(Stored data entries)
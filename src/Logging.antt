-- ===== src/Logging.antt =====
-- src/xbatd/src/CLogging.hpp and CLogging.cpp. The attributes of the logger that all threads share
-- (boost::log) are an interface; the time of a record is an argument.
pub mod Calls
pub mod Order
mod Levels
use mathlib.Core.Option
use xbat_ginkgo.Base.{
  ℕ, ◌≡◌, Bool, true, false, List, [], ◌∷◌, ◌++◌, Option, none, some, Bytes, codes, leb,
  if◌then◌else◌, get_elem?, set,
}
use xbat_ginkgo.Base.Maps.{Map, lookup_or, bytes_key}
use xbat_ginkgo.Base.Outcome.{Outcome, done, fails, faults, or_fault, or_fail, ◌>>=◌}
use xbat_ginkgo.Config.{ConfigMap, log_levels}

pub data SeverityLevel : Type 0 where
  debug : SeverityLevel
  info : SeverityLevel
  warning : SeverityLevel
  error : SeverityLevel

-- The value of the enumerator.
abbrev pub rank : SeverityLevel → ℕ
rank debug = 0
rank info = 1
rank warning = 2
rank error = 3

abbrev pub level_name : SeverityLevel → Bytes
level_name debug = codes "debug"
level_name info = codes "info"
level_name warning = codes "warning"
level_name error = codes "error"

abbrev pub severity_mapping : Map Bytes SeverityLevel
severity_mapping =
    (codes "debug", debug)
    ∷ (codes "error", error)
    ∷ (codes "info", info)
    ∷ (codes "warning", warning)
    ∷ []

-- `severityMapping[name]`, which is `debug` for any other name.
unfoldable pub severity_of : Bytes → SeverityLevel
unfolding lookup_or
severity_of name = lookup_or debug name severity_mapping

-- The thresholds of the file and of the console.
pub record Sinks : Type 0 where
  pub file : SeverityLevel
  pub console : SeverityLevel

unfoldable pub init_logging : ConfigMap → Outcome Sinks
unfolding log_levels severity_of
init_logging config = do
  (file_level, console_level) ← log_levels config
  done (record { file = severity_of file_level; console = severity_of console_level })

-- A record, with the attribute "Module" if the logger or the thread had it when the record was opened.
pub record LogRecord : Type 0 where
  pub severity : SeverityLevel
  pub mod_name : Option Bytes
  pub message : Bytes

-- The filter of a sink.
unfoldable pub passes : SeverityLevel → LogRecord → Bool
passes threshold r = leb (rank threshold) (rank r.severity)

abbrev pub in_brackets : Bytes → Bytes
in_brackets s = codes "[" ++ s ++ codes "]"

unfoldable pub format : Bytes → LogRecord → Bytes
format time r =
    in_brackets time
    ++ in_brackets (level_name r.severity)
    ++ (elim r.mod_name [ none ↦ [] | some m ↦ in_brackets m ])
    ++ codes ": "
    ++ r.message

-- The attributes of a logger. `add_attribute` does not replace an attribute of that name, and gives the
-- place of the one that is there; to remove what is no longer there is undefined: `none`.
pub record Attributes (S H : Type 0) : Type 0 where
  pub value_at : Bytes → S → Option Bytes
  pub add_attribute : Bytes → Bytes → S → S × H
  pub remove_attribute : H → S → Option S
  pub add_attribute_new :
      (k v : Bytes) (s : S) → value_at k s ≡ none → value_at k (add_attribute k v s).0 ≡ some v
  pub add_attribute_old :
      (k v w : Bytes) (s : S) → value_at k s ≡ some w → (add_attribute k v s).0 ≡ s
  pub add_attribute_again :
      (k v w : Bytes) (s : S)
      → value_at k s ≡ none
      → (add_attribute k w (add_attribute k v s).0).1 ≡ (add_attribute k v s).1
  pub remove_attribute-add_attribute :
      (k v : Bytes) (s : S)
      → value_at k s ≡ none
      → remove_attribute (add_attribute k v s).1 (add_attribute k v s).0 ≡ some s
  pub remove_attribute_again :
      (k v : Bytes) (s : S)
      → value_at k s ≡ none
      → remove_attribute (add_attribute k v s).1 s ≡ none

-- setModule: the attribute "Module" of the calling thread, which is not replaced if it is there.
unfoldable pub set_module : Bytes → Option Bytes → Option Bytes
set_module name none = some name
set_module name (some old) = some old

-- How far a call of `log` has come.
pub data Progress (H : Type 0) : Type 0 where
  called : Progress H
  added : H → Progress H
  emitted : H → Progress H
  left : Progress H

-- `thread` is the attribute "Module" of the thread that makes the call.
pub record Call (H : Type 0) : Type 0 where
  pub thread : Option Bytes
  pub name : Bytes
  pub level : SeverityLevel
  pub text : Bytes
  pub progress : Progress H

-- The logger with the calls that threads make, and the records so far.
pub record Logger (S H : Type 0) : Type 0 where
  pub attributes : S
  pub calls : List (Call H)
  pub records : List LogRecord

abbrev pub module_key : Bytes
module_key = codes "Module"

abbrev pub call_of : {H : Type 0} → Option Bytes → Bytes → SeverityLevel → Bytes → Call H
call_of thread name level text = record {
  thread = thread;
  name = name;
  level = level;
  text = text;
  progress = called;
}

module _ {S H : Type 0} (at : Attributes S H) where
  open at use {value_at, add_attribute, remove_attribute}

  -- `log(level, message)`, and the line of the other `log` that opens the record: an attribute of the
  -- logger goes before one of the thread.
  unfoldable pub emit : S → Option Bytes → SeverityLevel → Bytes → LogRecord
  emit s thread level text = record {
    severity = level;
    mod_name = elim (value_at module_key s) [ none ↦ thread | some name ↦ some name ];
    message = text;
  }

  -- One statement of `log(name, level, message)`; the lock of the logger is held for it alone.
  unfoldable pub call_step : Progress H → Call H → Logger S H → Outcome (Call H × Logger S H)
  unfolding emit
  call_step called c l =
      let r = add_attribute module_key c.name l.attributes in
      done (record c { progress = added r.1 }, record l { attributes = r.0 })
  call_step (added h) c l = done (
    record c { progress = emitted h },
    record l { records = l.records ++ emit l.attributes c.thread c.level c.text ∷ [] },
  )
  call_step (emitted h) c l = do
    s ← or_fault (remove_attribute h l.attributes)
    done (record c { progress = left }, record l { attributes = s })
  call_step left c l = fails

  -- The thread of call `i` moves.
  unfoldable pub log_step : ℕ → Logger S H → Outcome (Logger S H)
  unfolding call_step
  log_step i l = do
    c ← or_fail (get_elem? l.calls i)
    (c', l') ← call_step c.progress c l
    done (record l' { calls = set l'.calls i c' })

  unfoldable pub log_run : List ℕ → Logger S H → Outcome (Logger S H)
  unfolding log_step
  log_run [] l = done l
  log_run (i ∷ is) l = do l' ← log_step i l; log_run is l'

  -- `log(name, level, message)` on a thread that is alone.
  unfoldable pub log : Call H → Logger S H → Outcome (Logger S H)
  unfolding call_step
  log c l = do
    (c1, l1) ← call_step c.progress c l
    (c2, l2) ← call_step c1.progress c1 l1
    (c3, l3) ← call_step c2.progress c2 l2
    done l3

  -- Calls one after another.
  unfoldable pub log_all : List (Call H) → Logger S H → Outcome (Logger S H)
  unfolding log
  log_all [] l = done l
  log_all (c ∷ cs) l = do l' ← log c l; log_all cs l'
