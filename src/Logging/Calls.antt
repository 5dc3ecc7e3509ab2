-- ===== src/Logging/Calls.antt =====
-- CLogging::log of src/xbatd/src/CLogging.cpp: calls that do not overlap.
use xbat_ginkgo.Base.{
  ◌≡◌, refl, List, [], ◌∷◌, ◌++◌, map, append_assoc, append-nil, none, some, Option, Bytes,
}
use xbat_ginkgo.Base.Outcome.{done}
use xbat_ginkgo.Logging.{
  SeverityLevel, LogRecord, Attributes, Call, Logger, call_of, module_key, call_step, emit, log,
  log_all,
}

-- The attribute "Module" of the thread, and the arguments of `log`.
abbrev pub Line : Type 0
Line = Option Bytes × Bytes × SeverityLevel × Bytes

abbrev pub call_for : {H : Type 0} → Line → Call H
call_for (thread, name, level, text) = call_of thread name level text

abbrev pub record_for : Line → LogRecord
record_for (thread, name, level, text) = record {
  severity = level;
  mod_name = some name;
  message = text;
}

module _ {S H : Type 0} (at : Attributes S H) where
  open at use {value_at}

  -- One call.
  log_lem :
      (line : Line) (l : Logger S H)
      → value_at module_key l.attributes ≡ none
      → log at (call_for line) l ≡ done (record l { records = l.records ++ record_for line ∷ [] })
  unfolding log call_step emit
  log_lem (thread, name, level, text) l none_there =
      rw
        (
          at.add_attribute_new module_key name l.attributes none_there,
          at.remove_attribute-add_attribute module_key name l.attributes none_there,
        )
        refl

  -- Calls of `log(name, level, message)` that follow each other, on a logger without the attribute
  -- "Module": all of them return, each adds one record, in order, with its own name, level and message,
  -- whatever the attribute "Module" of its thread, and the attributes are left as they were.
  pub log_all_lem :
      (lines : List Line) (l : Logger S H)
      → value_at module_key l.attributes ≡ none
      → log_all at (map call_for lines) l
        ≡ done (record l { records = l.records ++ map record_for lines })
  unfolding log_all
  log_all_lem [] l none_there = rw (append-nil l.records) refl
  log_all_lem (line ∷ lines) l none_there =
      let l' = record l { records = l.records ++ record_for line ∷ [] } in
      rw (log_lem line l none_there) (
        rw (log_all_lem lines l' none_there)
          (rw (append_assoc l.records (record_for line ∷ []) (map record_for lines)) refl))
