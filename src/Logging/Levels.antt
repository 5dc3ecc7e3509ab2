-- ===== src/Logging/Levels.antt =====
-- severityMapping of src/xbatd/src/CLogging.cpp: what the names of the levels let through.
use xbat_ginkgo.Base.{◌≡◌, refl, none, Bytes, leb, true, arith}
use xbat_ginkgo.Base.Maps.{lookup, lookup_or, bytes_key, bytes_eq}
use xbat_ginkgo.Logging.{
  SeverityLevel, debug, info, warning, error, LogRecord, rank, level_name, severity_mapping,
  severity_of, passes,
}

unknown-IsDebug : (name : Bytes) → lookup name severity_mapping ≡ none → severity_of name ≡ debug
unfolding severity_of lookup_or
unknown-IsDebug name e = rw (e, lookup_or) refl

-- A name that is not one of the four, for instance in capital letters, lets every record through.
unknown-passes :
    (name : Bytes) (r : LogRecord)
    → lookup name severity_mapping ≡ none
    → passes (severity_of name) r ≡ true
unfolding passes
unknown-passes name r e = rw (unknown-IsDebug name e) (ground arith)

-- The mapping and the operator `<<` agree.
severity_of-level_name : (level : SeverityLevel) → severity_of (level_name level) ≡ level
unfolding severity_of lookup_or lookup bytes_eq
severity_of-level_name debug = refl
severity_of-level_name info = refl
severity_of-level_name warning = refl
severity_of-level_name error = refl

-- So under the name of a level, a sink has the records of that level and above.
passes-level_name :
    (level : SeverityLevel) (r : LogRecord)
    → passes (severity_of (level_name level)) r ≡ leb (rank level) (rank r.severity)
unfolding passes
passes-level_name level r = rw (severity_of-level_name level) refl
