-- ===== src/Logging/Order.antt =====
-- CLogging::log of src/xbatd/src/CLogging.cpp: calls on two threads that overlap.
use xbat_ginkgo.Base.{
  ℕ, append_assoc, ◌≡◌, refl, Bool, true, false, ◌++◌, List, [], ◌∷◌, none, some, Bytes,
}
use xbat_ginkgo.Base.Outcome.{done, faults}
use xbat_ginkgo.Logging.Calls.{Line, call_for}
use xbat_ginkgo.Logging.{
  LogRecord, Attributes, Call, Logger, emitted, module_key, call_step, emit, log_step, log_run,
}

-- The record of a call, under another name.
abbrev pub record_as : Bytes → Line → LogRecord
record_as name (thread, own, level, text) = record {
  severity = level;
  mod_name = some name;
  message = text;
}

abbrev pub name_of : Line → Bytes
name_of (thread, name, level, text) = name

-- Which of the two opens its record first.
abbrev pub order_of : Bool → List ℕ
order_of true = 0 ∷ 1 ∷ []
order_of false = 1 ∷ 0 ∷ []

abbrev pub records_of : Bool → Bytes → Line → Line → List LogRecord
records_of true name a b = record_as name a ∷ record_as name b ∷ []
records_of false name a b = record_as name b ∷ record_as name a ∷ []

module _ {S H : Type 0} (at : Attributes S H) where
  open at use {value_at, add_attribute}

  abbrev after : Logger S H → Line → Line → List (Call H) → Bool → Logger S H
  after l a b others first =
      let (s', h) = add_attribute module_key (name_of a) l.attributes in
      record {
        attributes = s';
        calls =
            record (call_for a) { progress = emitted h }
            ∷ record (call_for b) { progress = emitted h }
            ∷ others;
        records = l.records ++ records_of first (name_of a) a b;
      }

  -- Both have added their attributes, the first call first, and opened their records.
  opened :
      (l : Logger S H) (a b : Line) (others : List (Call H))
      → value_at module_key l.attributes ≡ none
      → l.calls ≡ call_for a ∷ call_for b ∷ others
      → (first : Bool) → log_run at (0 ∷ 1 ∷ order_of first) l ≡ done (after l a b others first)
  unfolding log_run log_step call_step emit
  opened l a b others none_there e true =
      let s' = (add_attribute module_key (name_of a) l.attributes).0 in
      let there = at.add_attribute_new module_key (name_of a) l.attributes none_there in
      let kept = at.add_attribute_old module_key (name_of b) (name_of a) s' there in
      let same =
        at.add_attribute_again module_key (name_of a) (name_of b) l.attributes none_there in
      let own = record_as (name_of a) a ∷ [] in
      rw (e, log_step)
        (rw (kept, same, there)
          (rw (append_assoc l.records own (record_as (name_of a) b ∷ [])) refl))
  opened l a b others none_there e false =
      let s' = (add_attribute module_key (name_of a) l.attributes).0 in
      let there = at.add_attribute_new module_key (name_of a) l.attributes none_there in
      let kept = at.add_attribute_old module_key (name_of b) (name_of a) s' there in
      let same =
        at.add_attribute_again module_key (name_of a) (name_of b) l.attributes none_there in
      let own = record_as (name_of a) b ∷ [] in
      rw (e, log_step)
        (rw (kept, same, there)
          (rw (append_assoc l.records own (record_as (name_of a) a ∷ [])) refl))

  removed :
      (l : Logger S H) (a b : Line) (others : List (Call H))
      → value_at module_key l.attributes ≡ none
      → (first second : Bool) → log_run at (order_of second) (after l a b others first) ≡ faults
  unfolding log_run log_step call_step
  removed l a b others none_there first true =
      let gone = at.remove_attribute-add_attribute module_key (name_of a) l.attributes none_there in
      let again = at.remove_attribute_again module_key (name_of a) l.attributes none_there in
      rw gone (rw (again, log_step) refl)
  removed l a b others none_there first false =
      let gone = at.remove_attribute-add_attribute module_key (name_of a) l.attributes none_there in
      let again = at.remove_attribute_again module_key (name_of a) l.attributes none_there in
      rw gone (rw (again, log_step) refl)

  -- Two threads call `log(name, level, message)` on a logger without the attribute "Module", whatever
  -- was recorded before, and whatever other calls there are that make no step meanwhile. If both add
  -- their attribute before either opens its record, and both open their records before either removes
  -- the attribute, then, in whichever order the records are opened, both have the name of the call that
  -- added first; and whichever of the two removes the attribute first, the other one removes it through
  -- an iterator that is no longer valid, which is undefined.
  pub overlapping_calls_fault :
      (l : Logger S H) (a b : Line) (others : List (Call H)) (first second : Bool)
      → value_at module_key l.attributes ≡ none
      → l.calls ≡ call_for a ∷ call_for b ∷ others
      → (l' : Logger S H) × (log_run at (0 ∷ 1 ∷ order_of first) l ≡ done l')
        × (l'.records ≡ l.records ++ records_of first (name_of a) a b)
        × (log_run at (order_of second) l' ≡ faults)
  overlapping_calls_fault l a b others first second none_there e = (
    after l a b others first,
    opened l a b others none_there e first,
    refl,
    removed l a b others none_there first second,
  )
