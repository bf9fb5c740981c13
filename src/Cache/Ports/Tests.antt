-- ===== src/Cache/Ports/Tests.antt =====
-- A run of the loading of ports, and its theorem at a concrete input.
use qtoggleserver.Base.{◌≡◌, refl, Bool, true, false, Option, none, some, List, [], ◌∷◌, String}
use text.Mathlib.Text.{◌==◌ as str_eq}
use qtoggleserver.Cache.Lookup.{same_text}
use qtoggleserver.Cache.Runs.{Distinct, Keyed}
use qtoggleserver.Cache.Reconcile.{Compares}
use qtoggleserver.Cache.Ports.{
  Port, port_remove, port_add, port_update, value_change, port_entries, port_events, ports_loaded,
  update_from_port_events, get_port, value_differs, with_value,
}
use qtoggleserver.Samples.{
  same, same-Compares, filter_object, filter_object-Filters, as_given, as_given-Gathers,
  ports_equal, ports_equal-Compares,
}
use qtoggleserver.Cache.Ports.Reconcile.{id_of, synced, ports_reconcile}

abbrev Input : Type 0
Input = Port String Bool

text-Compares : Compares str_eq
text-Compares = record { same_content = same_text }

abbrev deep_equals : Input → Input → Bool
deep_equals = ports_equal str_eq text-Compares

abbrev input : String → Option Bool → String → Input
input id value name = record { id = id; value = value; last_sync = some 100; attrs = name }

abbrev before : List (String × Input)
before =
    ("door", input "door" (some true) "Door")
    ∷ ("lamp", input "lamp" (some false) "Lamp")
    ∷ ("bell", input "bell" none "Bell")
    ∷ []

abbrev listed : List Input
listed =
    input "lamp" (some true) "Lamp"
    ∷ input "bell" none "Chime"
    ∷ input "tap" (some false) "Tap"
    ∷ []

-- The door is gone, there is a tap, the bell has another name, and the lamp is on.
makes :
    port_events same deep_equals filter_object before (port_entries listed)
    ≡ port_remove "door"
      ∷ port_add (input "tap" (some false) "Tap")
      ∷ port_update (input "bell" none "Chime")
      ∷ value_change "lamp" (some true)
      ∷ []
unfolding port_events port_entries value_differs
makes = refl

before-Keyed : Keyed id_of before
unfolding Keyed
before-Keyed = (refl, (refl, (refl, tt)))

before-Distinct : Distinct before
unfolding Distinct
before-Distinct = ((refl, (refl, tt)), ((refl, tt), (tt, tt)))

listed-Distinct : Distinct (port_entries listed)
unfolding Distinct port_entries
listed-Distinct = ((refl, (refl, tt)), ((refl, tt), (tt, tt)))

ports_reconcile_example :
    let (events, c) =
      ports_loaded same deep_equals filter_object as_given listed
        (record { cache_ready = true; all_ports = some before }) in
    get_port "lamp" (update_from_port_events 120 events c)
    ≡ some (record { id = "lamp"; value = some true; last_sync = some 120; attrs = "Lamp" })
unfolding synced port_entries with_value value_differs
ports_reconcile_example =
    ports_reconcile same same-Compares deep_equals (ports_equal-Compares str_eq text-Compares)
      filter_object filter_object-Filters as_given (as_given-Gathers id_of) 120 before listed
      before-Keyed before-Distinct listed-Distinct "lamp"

▶ Your instructions
Set down, exactly as they appear above, all lines from the one that has "-- their attribute" down to the one that has "H)) (first second : Bool)", including those two and no others.

▶ Written answer
  -- their attribute before either opens its record, and both open their records before either removes
  -- the attribute, then, in whichever order the records are opened, both have the name of the call that
  -- added first; and whichever of the two removes the attribute first, the other one removes it through
  -- an iterator that is no longer valid, which is undefined.
  pub overlapping_calls_fault :
      (l : Logger S H) (a b : Line) (others : List (Call H)) (first second : Bool)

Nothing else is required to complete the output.